• **TASK OBJECTIVE**: Please give again, word for word, the lines that lie between the start of the listing below and the line with "get_item-set_item sdid val ((j, v)", both included.
[[ EXTRACTED RECORDS, beginning ]]
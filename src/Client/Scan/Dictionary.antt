-- ===== src/Client/Scan/Dictionary.antt =====
-- The data of a device as a function from the type of a structure to its bytes.
use bluepy.Client.Scan.Structures.{update_data-lay_out, lay_out, set_items, news}
use bluepy.Client.Scan.Values.{get_item}
use bluepy.Client.Scan.{update_data, has_item, set_item, ScanData}
use bluepy.Common.{
  ◌++◌, ◌<◌, none, inr, ◌||◌, ◌≤◌, same_text, inl, some, ◌∙◌, Bool-cases, not, true, arith, refl,
  length, ◌≡◌, false, if◌then◌else◌, ◌==◌, Text, Bool, ℕ, Option, List, [], ◌∷◌,
}

-- What is known under each type.
abbrev pub Known : Type 0
Known = ℕ → Option Text

-- The same with one type known anew.
abbrev pub learn : Known → ℕ → Text → Known
learn f sdid val k = if sdid == k then some val else f k

abbrev pub learn_all : List (ℕ × Text) → Known → Known
learn_all [] f = f
learn_all ((sdid, val) ∷ items) f = learn_all items (learn f sdid val)

-- That value is known.
abbrev pub knows : Option Text → Text → Bool
knows none val = false
knows (some old) val = same_text val old

-- One of the items is not known when it is its turn.
abbrev pub any_news : List (ℕ × Text) → Known → Bool
any_news [] f = false
any_news ((sdid, val) ∷ items) f = not (knows (f sdid) val) || any_news items (learn f sdid val)

abbrev pub known_of : ScanData → Known
known_of scan_data k = get_item k scan_data

has_item-known :
    (sdid : ℕ) (val : Text) (scan_data : ScanData)
    → has_item sdid val scan_data ≡ knows (get_item sdid scan_data) val
unfolding has_item get_item
has_item-known sdid val [] = refl
has_item-known sdid val ((k, v) ∷ scan_data) = elim (Bool-cases (k == sdid)) [
  | inl e ↦ rw e refl
  | inr e ↦ rw e (has_item-known sdid val scan_data)
]

eq-true : (j k : ℕ) → (j == k) ≡ true → j ≡ k
eq-true j k h = ground arith

eq-swap : (j k : ℕ) (b : Bool) → (j == k) ≡ b → (k == j) ≡ b
eq-swap j k true h = ground arith
eq-swap j k false h = ground arith

get_item-set_item :
    (sdid : ℕ) (val : Text) (scan_data : ScanData) (k : ℕ)
    → get_item k (set_item sdid val scan_data) ≡ learn (known_of scan_data) sdid val k
unfolding set_item get_item
get_item-set_item sdid val [] k = refl
get_item-set_item sdid val ((j, v) ∷ scan_data) k = elim (Bool-cases (j == sdid)) [
  | inl e ↦ elim (Bool-cases (sdid == k)) [
    | inl f ↦ let g : (j == k) ≡ true = ground arith in rw (e, f) (rw (get_item, g) refl)
    | inr f ↦ let g : (j == k) ≡ false = ground arith in rw (e, f) (rw (get_item, g) refl)
  ]
  | inr e ↦ elim (Bool-cases (j == k)) [
    | inl f ↦ let g : (sdid == k) ≡ false = ground arith in rw (e, g) (rw (get_item, f) refl)
    | inr f ↦ rw (e, f) (get_item-set_item sdid val scan_data k)
  ]
]

-- Functions that agree are made to agree, and to bring the same news, by the same items.
learn-Agree :
    (f g : Known) (sdid : ℕ) (val : Text)
    → ((k : ℕ) → f k ≡ g k)
    → (k : ℕ) → learn f sdid val k ≡ learn g sdid val k
learn-Agree f g sdid val h k = elim (Bool-cases (sdid == k)) [
  | inl e ↦ rw e refl
  | inr e ↦ rw e (h k)
]

learn_all-Agree :
    (items : List (ℕ × Text)) (f g : Known)
    → ((k : ℕ) → f k ≡ g k)
    → (k : ℕ) → learn_all items f k ≡ learn_all items g k
learn_all-Agree [] f g h k = h k
learn_all-Agree ((sdid, val) ∷ items) f g h k =
    learn_all-Agree items _ _ (learn-Agree f g sdid val h) k

any_news-Agree :
    (items : List (ℕ × Text)) (f g : Known)
    → ((k : ℕ) → f k ≡ g k)
    → any_news items f ≡ any_news items g
any_news-Agree [] f g h = refl
any_news-Agree ((sdid, val) ∷ items) f g h =
    rw (h sdid, any_news-Agree items _ _ (learn-Agree f g sdid val h)) refl

set_items-learn_all :
    (items : List (ℕ × Text)) (scan_data : ScanData) (k : ℕ)
    → get_item k (set_items items scan_data) ≡ learn_all items (known_of scan_data) k
set_items-learn_all [] scan_data k = refl
set_items-learn_all ((sdid, val) ∷ items) scan_data k =
    set_items-learn_all items (set_item sdid val scan_data) k
    ∙ learn_all-Agree items _ _ (get_item-set_item sdid val scan_data) k

news-any_news :
    (items : List (ℕ × Text)) (scan_data : ScanData)
    → news items scan_data ≡ any_news items (known_of scan_data)
news-any_news [] scan_data = refl
news-any_news ((sdid, val) ∷ items) scan_data =
    rw
      (
        has_item-known sdid val scan_data,
        news-any_news items (set_item sdid val scan_data),
        any_news-Agree items _ _ (get_item-set_item sdid val scan_data),
      )
      refl

-- Structures that are laid out one behind the other, and at most one byte behind them, are all read
-- back, with as much fuel as they have bytes or more: afterwards there is under each type the value of
-- the last structure of that type, or what was there before if there is none; and there is new data if
-- there was before, or if one of the structures has another value than was there when its turn came,
-- or a type that was not there.
pub update_data-learns :
    (fuel : ℕ) (items : List (ℕ × Text)) (rest : Text) (scan_data : ScanData) (is_new : Bool)
    → length (lay_out items) ≤ fuel
    → length rest < 2
    → (let taken = update_data fuel (lay_out items ++ rest) scan_data is_new in
        ((sdid : ℕ) → get_item sdid taken.0 ≡ learn_all items (known_of scan_data) sdid)
        × (taken.1 ≡ (any_news items (known_of scan_data) || is_new)))
update_data-learns fuel items rest scan_data is_new enough short =
    rw (update_data-lay_out fuel items rest scan_data is_new enough short)
      (set_items-learn_all items scan_data, rw (news-any_news items scan_data) refl)
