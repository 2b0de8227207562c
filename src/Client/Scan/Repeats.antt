-- ===== src/Client/Scan/Repeats.antt =====
-- Advertising data that is repeated is not new.
use bluepy.Client.Lookup.{same_text→eq, same_text_refl}
use bluepy.Client.Scan.Structures.{update_data-lay_out, lay_out, news, set_items}
use bluepy.Client.Scan.{update_data, ScanData, set_item, has_item}
use bluepy.Common.{
  length-append, ◌≤◌, ◌++◌, inr, refl, inl, arith, Bool-cases, ◌<◌, false, true, length, ◌≡◌, ◌≢◌,
  Text, ◌==◌, ℕ, List, [], ◌∷◌,
}

-- No other item has the type.
abbrev IsFresh : ℕ → List (ℕ × Text) → Type 0
IsFresh k [] = Unit
IsFresh k ((j, v) ∷ items) = (j ≢ k) × IsFresh k items

-- No two structures have one type.
abbrev pub IsDistinct : List (ℕ × Text) → Type 0
IsDistinct [] = Unit
IsDistinct ((k, v) ∷ items) = IsFresh k items × IsDistinct items

-- All items are in the dictionary.
abbrev AllIn : List (ℕ × Text) → ScanData → Type 0
AllIn [] scan_data = Unit
AllIn ((k, v) ∷ items) scan_data = (has_item k v scan_data ≡ true) × AllIn items scan_data

eq_self : (k : ℕ) → (k == k) ≡ true
eq_self k = ground arith

ne-false : (j k : ℕ) → j ≢ k → (j == k) ≡ false
ne-false j k h = ground arith

eq-true : (j k : ℕ) → (j == k) ≡ true → j ≡ k
eq-true j k h = ground arith

has_item-set_item :
    (k : ℕ) (v : Text) (scan_data : ScanData) → has_item k v (set_item k v scan_data) ≡ true
unfolding has_item set_item
has_item-set_item k v [] = rw (eq_self k) (same_text_refl v)
has_item-set_item k v ((j, u) ∷ scan_data) = elim (Bool-cases (j == k)) [
  | inl e ↦ rw (e, e) (same_text_refl v)
  | inr e ↦ rw (e, e) (has_item-set_item k v scan_data)
]

-- Another type is not touched.
has_item-set_other :
    (k j : ℕ) (v u : Text) (scan_data : ScanData)
    → j ≢ k
    → has_item k v scan_data ≡ true
    → has_item k v (set_item j u scan_data) ≡ true
unfolding has_item set_item
has_item-set_other k j v u [] n h = cc
has_item-set_other k j v u ((i, x) ∷ scan_data) n h = elim (Bool-cases (i == j)) [
  | inl e ↦
      let other : (i == k) ≡ false = ne-false i k (rw (eq-true i j e) n) in
      rw (set_item, e, has_item, other) (rw (has_item, other) at h)
  | inr e ↦ elim (Bool-cases (i == k)) [
    | inl f ↦ rw (set_item, e, has_item, f) (rw (has_item, f) at h)
    | inr f ↦
        rw (set_item, e, has_item, f)
          (has_item-set_other k j v u scan_data n (rw (has_item, f) at h))
  ]
]

has_item-set_items :
    (k : ℕ) (v : Text) (items : List (ℕ × Text)) (scan_data : ScanData)
    → IsFresh k items
    → has_item k v scan_data ≡ true
    → has_item k v (set_items items scan_data) ≡ true
has_item-set_items k v [] scan_data f h = h
has_item-set_items k v ((j, u) ∷ items) scan_data (n, f) h =
    has_item-set_items k v items (set_item j u scan_data) f
      (has_item-set_other k j v u scan_data n h)

set_items-AllIn :
    (items : List (ℕ × Text)) (scan_data : ScanData)
    → IsDistinct items
    → AllIn items (set_items items scan_data)
set_items-AllIn [] scan_data d = tt
set_items-AllIn ((k, v) ∷ items) scan_data (f, d) = (
  has_item-set_items k v items (set_item k v scan_data) f (has_item-set_item k v scan_data),
  set_items-AllIn items (set_item k v scan_data) d,
)

-- To set what is there changes nothing.
set_item-same :
    (k : ℕ) (v : Text) (scan_data : ScanData)
    → has_item k v scan_data ≡ true
    → set_item k v scan_data ≡ scan_data
unfolding has_item set_item
set_item-same k v [] h = cc
set_item-same k v ((j, u) ∷ scan_data) h = elim (Bool-cases (j == k)) [
  | inl e ↦ let same : v ≡ u = same_text→eq v u (rw (has_item, e) at h) in rw (set_item, e, same)
  | inr e ↦ rw (set_item, e, set_item-same k v scan_data (rw (has_item, e) at h))
]

known-AllIn :
    (items : List (ℕ × Text)) (scan_data : ScanData)
    → AllIn items scan_data
    → (set_items items scan_data ≡ scan_data) × (news items scan_data ≡ false)
known-AllIn [] scan_data h = (refl, refl)
known-AllIn ((k, v) ∷ items) scan_data (h, hs) =
    let (s, n) = known-AllIn items scan_data hs in
    (rw (set_item-same k v scan_data h) s, rw (h, set_item-same k v scan_data h) n)

-- When advertising data, of structures with different types and at most one byte behind them, is
-- taken a second time, the dictionary stays as the first time left it, and nothing counts as new.
pub update_data-repeated :
    (items : List (ℕ × Text)) (rest : Text) (scan_data : ScanData)
    → IsDistinct items
    → length rest < 2
    → (let data' = lay_out items ++ rest in
        let once = update_data (length data') data' scan_data false in
        update_data (length data') data' once.0 false ≡ (once.0, false))
update_data-repeated items rest scan_data d r =
    let data' = lay_out items ++ rest in
    let enough : length (lay_out items) ≤ length data' =
      omega (arith, length-append (lay_out items) rest) in
    let (s, n) =
      known-AllIn items (set_items items scan_data) (set_items-AllIn items scan_data d) in
    rw
      (
        update_data-lay_out (length data') items rest scan_data false enough r,
        update_data-lay_out (length data') items rest (set_items items scan_data) false enough r,
        s,
        n,
      )
      refl
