-- ===== src/Client/Uuid/Digits.antt =====
-- UUIDs that are written in digits, in the short form or in full.
use bluepy.Client.Parse.Numbers.{a2b_hex-hex_bytes}
use bluepy.Client.Uuid.Shown.{remove_dashes-IsUndashed}
use bluepy.Protocol.Wire.{hex_bytes}
use bluepy.Common.Hex.{show_byte, hex_digit}
use bluepy.Client.Uuid.{base_text, make_uuid, expand}
use bluepy.Common.Hex.Digits.{All-append, All}
use bluepy.Client.Parse.{ok}
use bluepy.Common.{
  ==_iff, false, length-append, append_assoc, true, ◌%◌, inr, ◌-◌, sym, ap, refl, ◌/◌, ◌*◌, inl,
  zero, ◌==◌, ◌++◌, suc, ◌+◌, ◌≢◌, arith, ◌≡◌, Bool-cases, ◌⊎◌, leb, if◌then◌else◌, ◌≤◌, replicate,
  length, ◌<◌, Text, ℕ, [], ◌∷◌,
}

-- The bytes that stand behind the first four of a short UUID.
abbrev pub base_bytes : Text
base_bytes = 0 ∷ 0 ∷ 0x10 ∷ 0 ∷ 0x80 ∷ 0 ∷ 0 ∷ 0x80 ∷ 0x5f ∷ 0x9b ∷ 0x34 ∷ 0xfb ∷ []

-- The 16 bytes of a UUID that is given by its first bytes, or by all of them.
abbrev pub wide : Text → Text
wide b = if leb (length b) 4 then replicate (4 - length b) 0 ++ b ++ base_bytes else b

hex_bytes-append : (s t : Text) → hex_bytes (s ++ t) ≡ hex_bytes s ++ hex_bytes t
hex_bytes-append [] t = refl
hex_bytes-append (b ∷ s) t =
    rw (hex_bytes-append s t) (sym (append_assoc (show_byte b) (hex_bytes s) (hex_bytes t)))

length-hex_bytes : (s : Text) → length (hex_bytes s) ≡ 2 * length s
unfolding show_byte
length-hex_bytes [] = refl
length-hex_bytes (b ∷ s) = let e = length-hex_bytes s in omega arith

hex_digit-undashed : (d : ℕ) → d < 16 → hex_digit d ≢ b'-'
unfolding hex_digit
hex_digit-undashed d h = ground arith

hex_bytes-undashed : (s : Text) → All (λ b. b < 256) s → All (λ c. c ≢ b'-') (hex_bytes s)
unfolding show_byte
hex_bytes-undashed [] h = tt
hex_bytes-undashed (b ∷ s) (h, hs) = (
  hex_digit-undashed (b / 16) (omega arith),
  (hex_digit-undashed (b % 16) (omega arith), hex_bytes-undashed s hs),
)

zeros-hex_bytes : (n : ℕ) → replicate (n + n) b'0' ≡ hex_bytes (replicate n 0)
unfolding show_byte hex_digit
zeros-hex_bytes zero = refl
zeros-hex_bytes (suc n) =
    let e : suc n + suc n ≡ suc (suc (n + n)) = omega arith in rw (e, zeros-hex_bytes n) refl

base-hex_bytes : base_text ≡ hex_bytes base_bytes
unfolding show_byte hex_digit
base-hex_bytes = refl

-- A UUID of at most four bytes or of sixteen.
abbrev pub IsUuidSize : ℕ → Type 0
IsUuidSize n = (n ≤ 4) ⊎ (n ≡ 16)

expand-hex_bytes : (r : Text) → IsUuidSize (length r) → expand (hex_bytes r) ≡ hex_bytes (wide r)
unfolding expand
expand-hex_bytes r (inl short) =
    let digits = length-hex_bytes r in
    let small : leb (length (hex_bytes r)) 8 ≡ true = ground arith in
    let few : leb (length r) 4 ≡ true = ground arith in
    let pad : 8 - length (hex_bytes r) ≡ (4 - length r) + (4 - length r) = omega arith in
    rw
      (
        small,
        few,
        pad,
        zeros-hex_bytes (4 - length r),
        hex_bytes-append (replicate (4 - length r) 0 ++ r) base_bytes,
        hex_bytes-append (replicate (4 - length r) 0) r,
        base-hex_bytes,
      )
      refl
expand-hex_bytes r (inr whole) =
    let digits = length-hex_bytes r in
    let small : leb (length (hex_bytes r)) 8 ≡ false = ground arith in
    let few : leb (length r) 4 ≡ false = ground arith in rw (small, few) refl

length-replicate : (n a : ℕ) → length (replicate n a) ≡ n
length-replicate zero a = refl
length-replicate (suc n) a = ap suc (length-replicate n a)

pub length-wide : (r : Text) → IsUuidSize (length r) → length (wide r) ≡ 16
length-wide r (inl short) =
    let few : leb (length r) 4 ≡ true = ground arith in
    rw
      (
        few,
        length-append (replicate (4 - length r) 0 ++ r) base_bytes,
        length-append (replicate (4 - length r) 0) r,
        length-replicate (4 - length r) 0,
      )
      (omega arith)
length-wide r (inr whole) = let few : leb (length r) 4 ≡ false = ground arith in rw few whole

All-zeros : (n : ℕ) → All (λ b. b < 256) (replicate n 0)
All-zeros zero = tt
All-zeros (suc n) = (omega arith, All-zeros n)

base-bytes : All (λ b. b < 256) base_bytes
base-bytes = ground arith

pub All-wide : (r : Text) → All (λ b. b < 256) r → All (λ b. b < 256) (wide r)
All-wide r h = elim (Bool-cases (leb (length r) 4)) [
  | inl e ↦ rw e (
      All-append (λ b. b < 256) (replicate (4 - length r) 0 ++ r) base_bytes
        (All-append (λ b. b < 256) (replicate (4 - length r) 0) r (All-zeros (4 - length r)) h)
        base-bytes)
  | inr e ↦ rw e h
]

-- A UUID that is written in upper-case digits, two for each byte, without dashes.
pub make_uuid-hex_bytes :
    (r : Text)
    → IsUuidSize (length r)
    → All (λ b. b < 256) r
    → make_uuid (hex_bytes r) ≡ ok (wide r)
unfolding make_uuid
make_uuid-hex_bytes r size h =
    let whole : (length (wide r) == 16) ≡ true = (==_iff _ _).1 (length-wide r size) in
    rw (
      remove_dashes-IsUndashed (hex_bytes r) (hex_bytes-undashed r h),
      expand-hex_bytes r size,
      a2b_hex-hex_bytes (wide r) (All-wide r h),
      whole,
    )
[[ EXTRACTED RECORDS, end ]]
• **RESPONSE AREA**:
filename src/Client/Scan/Dictionary.antt
-- ===== src/Client/Scan/Dictionary.antt =====
-- The data of a device as a function from the type of a structure to its bytes.
use bluepy.Client.Scan.Structures.{update_data-lay_out, lay_out, set_items, news}
use bluepy.Client.Scan.Values.{get_item}
use bluepy.Client.Scan.{update_data, has_item, set_item, ScanData}
use bluepy.Common.{
  ◌++◌, ◌<◌, none, inr, ◌||◌, ◌≤◌, same_text, inl, some, ◌∙◌, Bool-cases, not, true, arith, refl,
  length, ◌≡◌, false, if◌then◌else◌, ◌==◌, Text, Bool, ℕ, Option, List, [], ◌∷◌,
}

-- What is known under each type.
abbrev pub Known : Type 0
Known = ℕ → Option Text

-- The same with one type known anew.
abbrev pub learn : Known → ℕ → Text → Known
learn f sdid val k = if sdid == k then some val else f k

abbrev pub learn_all : List (ℕ × Text) → Known → Known
learn_all [] f = f
learn_all ((sdid, val) ∷ items) f = learn_all items (learn f sdid val)

-- That value is known.
abbrev pub knows : Option Text → Text → Bool
knows none val = false
knows (some old) val = same_text val old

-- One of the items is not known when it is its turn.
abbrev pub any_news : List (ℕ × Text) → Known → Bool
any_news [] f = false
any_news ((sdid, val) ∷ items) f = not (knows (f sdid) val) || any_news items (learn f sdid val)

abbrev pub known_of : ScanData → Known
known_of scan_data k = get_item k scan_data

has_item-known :
    (sdid : ℕ) (val : Text) (scan_data : ScanData)
    → has_item sdid val scan_data ≡ knows (get_item sdid scan_data) val
unfolding has_item get_item
has_item-known sdid val [] = refl
has_item-known sdid val ((k, v) ∷ scan_data) = elim (Bool-cases (k == sdid)) [
  | inl e ↦ rw e refl
  | inr e ↦ rw e (has_item-known sdid val scan_data)
]

eq-true : (j k : ℕ) → (j == k) ≡ true → j ≡ k
eq-true j k h = ground arith

eq-swap : (j k : ℕ) (b : Bool) → (j == k) ≡ b → (k == j) ≡ b
eq-swap j k true h = ground arith
eq-swap j k false h = ground arith

get_item-set_item :
    (sdid : ℕ) (val : Text) (scan_data : ScanData) (k : ℕ)
    → get_item k (set_item sdid val scan_data) ≡ learn (known_of scan_data) sdid val k
unfolding set_item get_item
get_item-set_item sdid val [] k = refl
get_item-set_item sdid val ((j, v) ∷ scan_data) k = elim (Bool-cases (j == sdid)) [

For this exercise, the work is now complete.